Shaggy Ridge is a 6.5 km long razorback (stratigraphic) ridge in the Finisterre Range, in north eastern Papua New Guinea. Its highest point is 1497 m above sea level. The ridge is located between the valleys of the Mene and Faria Rivers and culminates at one end in Kankiryo Saddle, which links it to Faria Ridge and divides Faria Valley and Mindjim River Valley. From the Ramu Valley, the ridge runs NNW, and the highest point is located at 145°44.23'E:5°46.36'S.

==History==
The ridge was named after an Australian soldier, Captain Robert "Shaggy Bob" Clampett, commander of "A" Company, 2/27th Infantry Battalion, the first Allied ground unit to reconnoitre the area during World War II. Shaggy Ridge was the site of several battles during the Finisterre Range campaign of 1943–1944. The ridge was the site of major Japanese defensive positions, blocking access from the Ramu Valley to the north coast of New Guinea. In December 1943, the Australian 7th Division attacked; the difficult terrain made this a famous campaign which did not end until the last Japanese positions were captured in January.

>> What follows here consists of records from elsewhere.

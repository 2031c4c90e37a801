-- ===== src/Http2/Frames.antt =====
-- What a frame that src/http2.c accepts looks like, and what the error fields say.
use vless_core_cli.Prelude.{ℕ, Bool, true, false, ◌∷◌, some, ◌==◌, Bytes, ◌≡◌, refl, ◌≢◌, arith}
use vless_core_cli.Http2.{
  Scope, nothing, connection, stream_scope, Verdict, accepted, connection_failed, stream_failed,
  Validation, Checked, check_data, check_headers, check_priority_frame, check_reset, settings_error,
  check_settings, check_ping, check_goaway, check_window, check_continuation, check_type,
  validate_frame,
}

-- The verdict that belongs to an error field.
abbrev pub verdict_of : Scope → Verdict
verdict_of nothing = accepted
verdict_of connection = connection_failed
verdict_of stream_scope = stream_failed

abbrev pub is_nothing : Scope → Bool
is_nothing nothing = true
is_nothing _ = false

-- The verdict is the one of the error's scope, and the code is 0 exactly with no error.
pub record Reports (r : Checked) : Type 0 where
  pub verdict : r.0 ≡ verdict_of r.1.scope
  pub code : (r.1.code == 0) ≡ is_nothing r.1.scope

-- A wrong entry of SETTINGS has a code.
settings_error-ne-zero : (d : Bytes) → settings_error d ≢ some 0
unfolding settings_error
settings_error-ne-zero (a ∷ b ∷ c ∷ e ∷ f ∷ g ∷ rest) = ground (arith, settings_error-ne-zero rest)
settings_error-ne-zero _ = ground arith

-- The error stands at the start as `core_http2_validate_frame` sets it.
record Armed (s : Validation) : Type 0 where
  scope : s.scope ≡ connection
  code : s.code ≡ 1

module _ (s : Validation) (flags stream : ℕ) (d : Bytes) (a : Armed s) where
  data-Reports : Reports (check_data s flags stream d)
  unfolding check_data
  data-Reports = ground arith

  headers-Reports : Reports (check_headers s flags stream d)
  unfolding check_headers
  headers-Reports = ground arith

  priority-Reports : Reports (check_priority_frame s stream d)
  unfolding check_priority_frame
  priority-Reports = ground arith

  reset-Reports : Reports (check_reset s stream d)
  unfolding check_reset
  reset-Reports = ground arith

  settings-Reports : Reports (check_settings s flags stream d)
  unfolding check_settings
  settings-Reports = ground (arith, settings_error-ne-zero d)

  ping-Reports : Reports (check_ping s stream d)
  unfolding check_ping
  ping-Reports = ground arith

  goaway-Reports : Reports (check_goaway s stream d)
  unfolding check_goaway
  goaway-Reports = ground arith

  window-Reports : Reports (check_window s stream d)
  unfolding check_window
  window-Reports = ground arith

  continuation-Reports : Reports (check_continuation s flags stream)
  unfolding check_continuation
  continuation-Reports = ground arith

  check_type-Reports : (type : ℕ) → Reports (check_type s type flags stream d)
  unfolding check_type
  check_type-Reports type = ground (
    arith, data-Reports, headers-Reports, priority-Reports, reset-Reports, settings-Reports,
    ping-Reports, goaway-Reports, window-Reports, continuation-Reports,
  )

-- The verdict of `core_http2_validate_frame` is the one that the error's scope stands for, and the
-- error code is 0 exactly when there is no error.
pub validate_frame-Reports :
    (s : Validation) (type flags stream : ℕ) (d : Bytes)
    → Reports (validate_frame s type flags stream d)
unfolding validate_frame
validate_frame-Reports s type flags stream d =
    let armed = record s { scope = connection; code = 1 } in
    ground
      (arith, check_type-Reports armed flags stream d (record { scope = refl; code = refl }) type)
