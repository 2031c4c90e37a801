-- ===== src/Http2/Accepted.antt =====
-- What a frame that src/http2.c accepts looks like.
use vless_core_cli.Prelude.{
  word16, word32, Bool-cases, ◌∷◌, [], ◌-◌, Option-cases, ℕ, ◌+◌, ◌%◌, ◌^◌, ◌≤◌, ◌<◌, true, false,
  ◌&&◌, ◌||◌, not, none, ◌==◌, if◌then◌else◌, get_or, length, Bytes, ◌≡◌, ap, ◌≢◌, ◌⊎◌, inl, inr,
  arith, bit,
}
use vless_core_cli.Http2.{
  nothing, connection, accepted, setting_error, Validation, Checked, stream_id, check_data,
  check_priority, check_headers, check_priority_frame, check_reset, settings_error, check_settings,
  check_ping, check_goaway, check_window, check_continuation, check_type, validate_frame,
}

-- The continuation that a frame leaves: HEADERS without END_HEADERS opens one on its stream, and
-- CONTINUATION with END_HEADERS closes it.
abbrev pub continued : ℕ → ℕ → ℕ → ℕ → ℕ
continued type flags stream before =
    if type == 1 && not (bit flags 2)
    then stream
    else if type == 9 && bit flags 2
    then 0
    else before

-- The SETTINGS frames of this side that wait for an acknowledgement: the first SETTINGS of the peer comes
-- behind one, and an acknowledgement takes one off.
abbrev pub pending_after : ℕ → ℕ → Validation → ℕ
pending_after type flags s =
    if type == 4 && bit flags 0
    then s.settings_pending - 1
    else if type == 4 && not s.settings_received
    then 1
    else s.settings_pending

-- The entries of SETTINGS, six bytes each: no push, a window below 2 ^ 31, frames of 2 ^ 14 to
-- 2 ^ 24 - 1 bytes.
abbrev pub AreSettings : Bytes → Type 0
AreSettings (a ∷ b ∷ c ∷ d ∷ e ∷ f ∷ rest) =
    (word16 a b ≡ 2 → word32 c d e f ≡ 0)
    × (word16 a b ≡ 4 → word32 c d e f < 2 ^ 31)
    × (word16 a b ≡ 5 → (2 ^ 14 ≤ word32 c d e f) × (word32 c d e f < 2 ^ 24))
    × AreSettings rest
AreSettings _ = Unit

-- An accepted frame, after the rules of RFC 9113, and the state that it leaves.
pub record IsFrame (s : Validation) (type flags stream : ℕ) (d : Bytes) (t : Validation)
    : Type 0 where
  pub id : stream < 2 ^ 31
  pub size : length d ≤ 16384
  pub preface : s.settings_received ≡ false → (type ≡ 4) × (bit flags 0 ≡ false) × (stream ≡ 0)
  pub block : s.continuation ≢ 0 → (type ≡ 9) × (stream ≡ s.continuation)
  pub on_stream : type < 4 → stream ≢ 0
  pub on_connection : (type ≡ 4) ⊎ ((type ≡ 6) ⊎ (type ≡ 7)) → stream ≡ 0
  pub padding : (type < 2) → bit flags 3 ≡ true → get_or d 0 0 < length d
  -- The priority of HEADERS stands between the length of the padding and the padding.
  pub dependency :
      type ≡ 1
      → bit flags 5 ≡ true
      → ((if bit flags 3 then get_or d 0 0 + 6 else 5) ≤ length d)
        × (stream_id d (if bit flags 3 then 1 else 0) ≢ stream)
  pub priority : type ≡ 2 → (length d ≡ 5) × (stream_id d 0 ≢ stream)
  pub reset : type ≡ 3 → length d ≡ 4
  pub settings : type ≡ 4 → bit flags 0 ≡ false → (length d % 6 ≡ 0) × (settings_error d ≡ none)
  pub entries : type ≡ 4 → bit flags 0 ≡ false → AreSettings d
  pub acknowledged :
      type ≡ 4 → bit flags 0 ≡ true → (length d ≡ 0) × (s.settings_pending ≡ t.settings_pending + 1)
  pub push : type ≢ 5
  pub ping : type ≡ 6 → length d ≡ 8
  pub goaway : type ≡ 7 → 8 ≤ length d
  pub window : type ≡ 8 → (length d ≡ 4) × (stream_id d 0 ≢ 0)
  pub expected : type ≡ 9 → (s.continuation ≢ 0)
  pub continuation : t.continuation ≡ continued type flags stream s.continuation
  pub received : t.settings_received ≡ (s.settings_received || (type == 4 && not (bit flags 0)))
  pub pending : t.settings_pending ≡ pending_after type flags s
  pub no_error : (t.scope ≡ nothing) × (t.code ≡ 0)

-- What a part of the `switch` keeps of the state, when it accepts.
abbrev Keeps : Validation → ℕ → ℕ → ℕ → Checked → Type 0
Keeps s type flags stream r =
    r.0 ≡ accepted
    → (r.1.continuation ≡ continued type flags stream s.continuation)
      × (r.1.settings_received ≡ (s.settings_received || (type == 4 && not (bit flags 0))))
      × (r.1.settings_pending ≡ pending_after type flags s)
      × (r.1.scope ≡ nothing)
      × (r.1.code ≡ 0)

module _ (s : Validation) (flags stream : ℕ) (d : Bytes) where
  headers-Keeps : Keeps s 1 flags stream (check_headers s flags stream d)
  unfolding check_headers check_priority
  headers-Keeps h = ground arith

  settings-Keeps : Keeps s 4 flags stream (check_settings s flags stream d)
  unfolding check_settings
  settings-Keeps h = ground arith

  continuation-Keeps : Keeps s 9 flags stream (check_continuation s flags stream)
  unfolding check_continuation
  continuation-Keeps h = ground arith

  data-Keeps : Keeps s 0 flags stream (check_data s flags stream d)
  unfolding check_data
  data-Keeps h = ground arith

  priority-Keeps : Keeps s 2 flags stream (check_priority_frame s stream d)
  unfolding check_priority_frame
  priority-Keeps h = ground arith

  reset-Keeps : Keeps s 3 flags stream (check_reset s stream d)
  unfolding check_reset
  reset-Keeps h = ground arith

  ping-Keeps : Keeps s 6 flags stream (check_ping s stream d)
  unfolding check_ping
  ping-Keeps h = ground arith

  goaway-Keeps : Keeps s 7 flags stream (check_goaway s stream d)
  unfolding check_goaway
  goaway-Keeps h = ground arith

  window-Keeps : Keeps s 8 flags stream (check_window s stream d)
  unfolding check_window
  window-Keeps h = ground arith

  check_type-Keeps : (type : ℕ) → Keeps s type flags stream (check_type s type flags stream d)
  unfolding check_type
  check_type-Keeps type h = ground (
    arith, data-Keeps, headers-Keeps, priority-Keeps, reset-Keeps, settings-Keeps, ping-Keeps,
    goaway-Keeps, window-Keeps, continuation-Keeps,
  )

validate_frame-Keeps :
    (s : Validation) (type flags stream : ℕ) (d : Bytes)
    → Keeps s type flags stream (validate_frame s type flags stream d)
unfolding validate_frame
validate_frame-Keeps s type flags stream d h =
    ground (arith, check_type-Keeps (record s { scope = connection; code = 1 }) flags stream d type)

validate_frame_admits :
    (s : Validation) (type flags stream : ℕ) (d : Bytes)
    → (validate_frame s type flags stream d).0 ≡ accepted
    → (stream < 2 ^ 31)
      × (length d ≤ 16384)
      × (s.settings_received ≡ false → (type ≡ 4) × (bit flags 0 ≡ false) × (stream ≡ 0))
      × (s.continuation ≢ 0 → (type ≡ 9) × (stream ≡ s.continuation))
unfolding validate_frame
validate_frame_admits s type flags stream d h =
    (ground arith, ground arith, λ e. ground arith, λ e. ground arith)

check_type_on_stream :
    (s : Validation) (type flags stream : ℕ) (d : Bytes)
    → (check_type s type flags stream d).0 ≡ accepted
    → type < 4
    → stream ≢ 0
unfolding check_type check_data check_headers check_priority check_priority_frame check_reset
check_type_on_stream s type flags stream d h lt = ground arith

validate_frame_on_stream :
    (s : Validation) (type flags stream : ℕ) (d : Bytes)
    → (validate_frame s type flags stream d).0 ≡ accepted
    → type < 4
    → stream ≢ 0
unfolding validate_frame
validate_frame_on_stream s type flags stream d h lt =
    let armed = record s { scope = connection; code = 1 } in
    ground (arith, check_type_on_stream armed type flags stream d)

check_type_padding :
    (s : Validation) (type flags stream : ℕ) (d : Bytes)
    → (check_type s type flags stream d).0 ≡ accepted
    → type < 2
    → bit flags 3 ≡ true
    → get_or d 0 0 < length d
unfolding check_type check_data check_headers
check_type_padding s type flags stream d h lt padded = ground arith

validate_frame_padding :
    (s : Validation) (type flags stream : ℕ) (d : Bytes)
    → (validate_frame s type flags stream d).0 ≡ accepted
    → type < 2
    → bit flags 3 ≡ true
    → get_or d 0 0 < length d
unfolding validate_frame
validate_frame_padding s type flags stream d h lt padded =
    let armed = record s { scope = connection; code = 1 } in
    ground (arith, check_type_padding armed type flags stream d)

check_headers_dependency :
    (s : Validation) (flags stream : ℕ) (d : Bytes)
    → (check_headers s flags stream d).0 ≡ accepted
    → bit flags 5 ≡ true
    → ((if bit flags 3 then get_or d 0 0 + 6 else 5) ≤ length d)
      × (stream_id d (if bit flags 3 then 1 else 0) ≢ stream)
unfolding check_headers check_priority
check_headers_dependency s flags stream d h prioritised = elim (Bool-cases (bit flags 3)) [
  | inl e ↦ rw e (ground (arith, h, e, prioritised), λ z. ground (arith, h, e, prioritised, z))
  | inr e ↦ rw e (ground (arith, h, e, prioritised), λ z. ground (arith, h, e, prioritised, z))
]

validate_frame_dependency :
    (s : Validation) (flags stream : ℕ) (d : Bytes)
    → (validate_frame s 1 flags stream d).0 ≡ accepted
    → bit flags 5 ≡ true
    → ((if bit flags 3 then get_or d 0 0 + 6 else 5) ≤ length d)
      × (stream_id d (if bit flags 3 then 1 else 0) ≢ stream)
unfolding validate_frame check_type
validate_frame_dependency s flags stream d h prioritised =
    let armed = record s { scope = connection; code = 1 } in
    ground (arith, check_headers_dependency armed flags stream d)

setting_error-none :
    (id value : ℕ)
    → setting_error id value ≡ none
    → (id ≡ 2 → value ≡ 0)
      × (id ≡ 4 → value < 2 ^ 31)
      × (id ≡ 5 → (2 ^ 14 ≤ value) × (value < 2 ^ 24))
unfolding setting_error
setting_error-none id value h =
    (λ e. ground arith, λ e. ground arith, λ e. (ground arith, ground arith))

settings_error-AreSettings : (d : Bytes) → settings_error d ≡ none → AreSettings d
unfolding settings_error
settings_error-AreSettings [] h = tt
settings_error-AreSettings (a ∷ []) h = tt
settings_error-AreSettings (a ∷ b ∷ []) h = tt
settings_error-AreSettings (a ∷ b ∷ c ∷ []) h = tt
settings_error-AreSettings (a ∷ b ∷ c ∷ d ∷ []) h = tt
settings_error-AreSettings (a ∷ b ∷ c ∷ d ∷ e ∷ []) h = tt
settings_error-AreSettings (a ∷ b ∷ c ∷ d ∷ e ∷ f ∷ rest) h =
    let value = word32 c d e f in
    let id = word16 a b in
    elim (Option-cases (setting_error id value)) [
      | inl none_here ↦
          let obeys = setting_error-none id value none_here in
          (
            obeys.0,
            obeys.1,
            obeys.2,
            settings_error-AreSettings rest (rw (none_here, settings_error) at h),
          )
      | inr (x, wrong) ↦ absurd (ground (arith, rw (wrong, settings_error) at h))
    ]

-- A frame that `core_http2_validate_frame` accepts obeys the rules for its type: its stream, its
-- length, its padding, the priority in HEADERS and PRIORITY, the entries of SETTINGS, its place after
-- SETTINGS and inside a header block. The state follows: the continuation, the SETTINGS received and
-- those that wait for an acknowledgement, with no error.
pub validate_frame-IsFrame :
    (s : Validation) (type flags stream : ℕ) (d : Bytes) {t : Validation}
    → validate_frame s type flags stream d ≡ (accepted, t)
    → IsFrame s type flags stream d t
unfolding validate_frame check_type check_data check_priority check_headers check_priority_frame
    check_reset check_settings check_ping check_goaway check_window check_continuation
validate_frame-IsFrame s type flags stream d {t} h = record {
  id = (validate_frame_admits s type flags stream d (ap (λ r. r.0) h)).0;
  size = (validate_frame_admits s type flags stream d (ap (λ r. r.0) h)).1;
  preface = (validate_frame_admits s type flags stream d (ap (λ r. r.0) h)).2;
  block = (validate_frame_admits s type flags stream d (ap (λ r. r.0) h)).3;
  on_stream = validate_frame_on_stream s type flags stream d (ap (λ r. r.0) h);
  on_connection = on_connection;
  padding = validate_frame_padding s type flags stream d (ap (λ r. r.0) h);
  priority = λ e. ground arith;
  dependency = λ e f. validate_frame_dependency s flags stream d (rw e at (ap (λ r. r.0) h)) f;
  reset = λ e. ground arith;
  settings = λ e f. ground arith;
  entries = λ e f. settings_error-AreSettings d (ground arith);
  acknowledged = λ e f. ground arith;
  push = λ e. ground arith;
  ping = λ e. ground arith;
  goaway = λ e. ground arith;
  window = λ e. ground arith;
  expected = λ e. ground arith;
  continuation = kept.0;
  received = kept.1;
  pending = kept.2;
  no_error = (kept.3, kept.4);
}
  where
    kept :
        (t.continuation ≡ continued type flags stream s.continuation)
        × (t.settings_received ≡ (s.settings_received || (type == 4 && not (bit flags 0))))
        × (t.settings_pending ≡ pending_after type flags s)
        × (t.scope ≡ nothing)
        × (t.code ≡ 0)
    kept = rw h at (validate_frame-Keeps s type flags stream d (ap (λ r. r.0) h))

    on_connection : (type ≡ 4) ⊎ ((type ≡ 6) ⊎ (type ≡ 7)) → stream ≡ 0
    on_connection (inl e) = ground arith
    on_connection (inr (inl e)) = ground arith
    on_connection (inr (inr e)) = ground arith
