-- ===== src/Lib.antt =====
-- The kernel and the C library of Chaotix, a small UNIX-like operating system for i386: models of
-- the parts that hold state or compute, and theorems about them. Paths are from the repository's root.
--
-- - RingBuf: kernel/ring_buf.c, the byte ring behind pipes, sockets and terminals. The record RingBuf
--   has the struct's buffer and indices; init, read, write, write_evicting_oldest, is_empty, is_full
--   are the functions ring_buf_*. Each loop is a recursion on the bytes or rounds left, so it ends.
-- - Fifo: kernel/fs/fifo.c, pipes over a RingBuf. A reader or writer takes atomic steps (the test
--   whether to wait, and the body run with the mutex held); Fifo.History runs any sequence of them.
-- - RangeAllocator: kernel/memory/range_allocator.c, first-fit allocation of address space. The free
--   ranges are a list in the order of the links; what the paging functions return is an argument.
-- - CString: common/string.c and parts of common/strings.c and common/ctype.h. A string is the memory
--   from its pointer on, a list behind whose end a NUL lies; CString.Defs reads, CString.Copy writes,
--   CString.Tokens is strtok_r. Only the loop over strtok_r takes fuel, the length of the string and one.
-- - Vfs: the path names of kernel/fs/vfs.c. Vfs.Components builds the component list as
--   create_path_component_list does, with the calls of kmalloc that succeed counted (Base.Memory).
-- - Process: kernel/process.c. Process.Signals sends and handles signals: the loop over the pending bits
--   takes fuel, the mask itself, since each round makes it smaller. Process.Descriptors is the file
--   descriptor table, in which a description is known by its address; Process.Wait is the test of
--   waitpid (kernel/syscall/process.c).
-- - PageAllocator: kernel/memory/page_allocator.c, the bitmap of free pages and the reference counts.
-- - Stdlib, Shell: common/stdlib.c and userland/sh.c. Shell.Editor is the line editor, one function per
--   handler; Shell.Line is the line as its user sees it, with what each key does. Shell.Parser is the
--   parser of command lines; its two recursions take fuel, the length of the line and one. Shell.Grammar
--   has the lines that it accepts, printed, with their trees.
-- - FbConsole: kernel/console/fb_console.c, the terminal. FbConsole.Screen is the screen and its cursor,
--   FbConsole.Escapes the state machine of the escape sequences. A write outside of an array sets a flag.
-- - GrowableBuf: kernel/growable_buf.c, the contents of files; the kernel's memory answers by arguments.
-- - FileTable: the system calls on descriptors (kernel/syscall/fs.c) with the reference counts of the
--   descriptions (kernel/fs/fs.c), over Process.Descriptors; the last close of a pipe is that of Fifo, and
--   what inode_unref does is not modelled. TmpFile: reading, writing and seeking through a
--   description (kernel/fs/fs.c) of a regular file of kernel/fs/tmpfs.c, over GrowableBuf and Mutex.
-- - UnixSocket: kernel/unix_socket.c, a ring in each direction and the queue of a listener.
-- - Stdio: common/stdio.c, itoa and vsnprintf. The loop over the format takes fuel, its length.
-- - Dentry: kernel/fs/dentry.c. Dentry.Names has the directory as a map from names to inodes.
-- - Scheduler: kernel/scheduler.c, the list of processes and the ready queue; the callbacks that end a wait
--   are an argument.
-- - Mutex: kernel/lock.c; a round of each loop is one step.
--
-- Words are natural numbers with the wrap-around written out (Base.Word). A failed ASSERT is the
-- outcome panic (Base.Outcome). Assembly, drivers' port input and output, page tables, and the
-- userland programs that only print are not modelled.
pub mod Base
pub mod RingBuf
pub mod Fifo
pub mod RangeAllocator
pub mod CString
pub mod Vfs
pub mod Process
pub mod PageAllocator
pub mod Stdlib
pub mod Shell
pub mod Dentry
pub mod Mutex
pub mod Scheduler
pub mod FbConsole
pub mod GrowableBuf
pub mod FileTable
pub mod TmpFile
pub mod Stdio
pub mod UnixSocket
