-- ===== src/Base/Tests.antt =====
-- Boolean tests on the native numbers, and the conditional.
use Prim.Native.Nat.{ℕ, zero, suc, ◌≤◌, ◌<◌, compare, Ordering}
use mathlib.Core.Path.{◌≡◌, refl, sym, ap, ◌∙◌}
use mathlib.Core.Logic.{◌↔◌, ◌⊎◌, inl, inr}
use mathlib.Core.Bool.{Bool, true, false, not}
use mathlib.Core.Option.{Option, none, some}
use native.Mathlib.Omega.{arith}

abbrev pub ltb : ℕ → ℕ → Bool
ltb a b = elim (compare a b) [ Ordering.lt ↦ true | _ ↦ false ]

abbrev pub leb : ℕ → ℕ → Bool
leb a b = elim (compare a b) [ Ordering.gt ↦ false | _ ↦ true ]

infix 50 ◌==◌
abbrev pub ◌==◌ : ℕ → ℕ → Bool
a == b = elim (compare a b) [ Ordering.eq ↦ true | _ ↦ false ]

infix 1 if◌then◌else◌
abbrev pub if◌then◌else◌ {ℓ} : {A : Type ℓ} → Bool → A → A → A
if true then x else y = x
if false then x else y = y

pub ltb→lt : (a b : ℕ) → ltb a b ≡ true → a < b
ltb→lt a b h = ground arith

pub leb→le : (a b : ℕ) → leb a b ≡ true → a ≤ b
leb→le a b h = ground arith

pub ==_iff : (a b : ℕ) → ((a == b) ≡ true) ↔ (a ≡ b)
==_iff a b = ground arith

pub ==_refl : (a : ℕ) → (a == a) ≡ true
==_refl a = ground arith

-- To split on a computed value and keep the equation.
pub Bool-cases : (b : Bool) → (b ≡ true) ⊎ (b ≡ false)
Bool-cases true = inl refl
Bool-cases false = inr refl

pub Option-cases {ℓ} : {A : Type ℓ} (o : Option A) → (o ≡ none) ⊎ ((a : A) × (o ≡ some a))
Option-cases none = inl refl
Option-cases (some a) = inr (a, refl)

-- A test that holds of every number below `n`, by computing it.
abbrev pub all_less : ℕ → (ℕ → Bool) → Bool
all_less zero f = true
all_less (suc n) f = let rest = all_less n f in if f n then rest else false

pub all_less-holds : (n : ℕ) (f : ℕ → Bool) → all_less n f ≡ true → (k : ℕ) → k < n → f k ≡ true
all_less-holds zero f h k l = absurd (omega arith)
all_less-holds (suc n) f h k l = elim (Bool-cases (f n)) [
  | inl t ↦
      let rest : all_less n f ≡ true = sym (simp t) ∙ h in
      elim (Bool-cases (k == n)) [
        | inl e ↦ ap f ((==_iff k n).0 e) ∙ t
        | inr d ↦ all_less-holds n f rest k (ground arith)
      ]
  | inr t ↦ let no : false ≡ true = sym (simp t) ∙ h in absurd (cc)
]

abbrev pub same : Bool → Bool → Bool
same true b = b
same false b = not b

pub same-true : (a b : Bool) → same a b ≡ true → a ≡ b
same-true true true h = refl
same-true true false h = sym h
same-true false true h = h
same-true false false h = refl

The battles on Shaggy Ridge itself were:
- Battle of The Pimple
- Battle of Cam's Saddle
- Battle of Faria Ridge
- Battle of Prothero I and II
- Battle of McCaughey's Knoll
- Battle of Kankiryo Saddle
- Battle of Crater Hill

==In popular culture==
Fighting at Shaggy Ridge was featured in the Australian documentary Jungle Patrol (1944).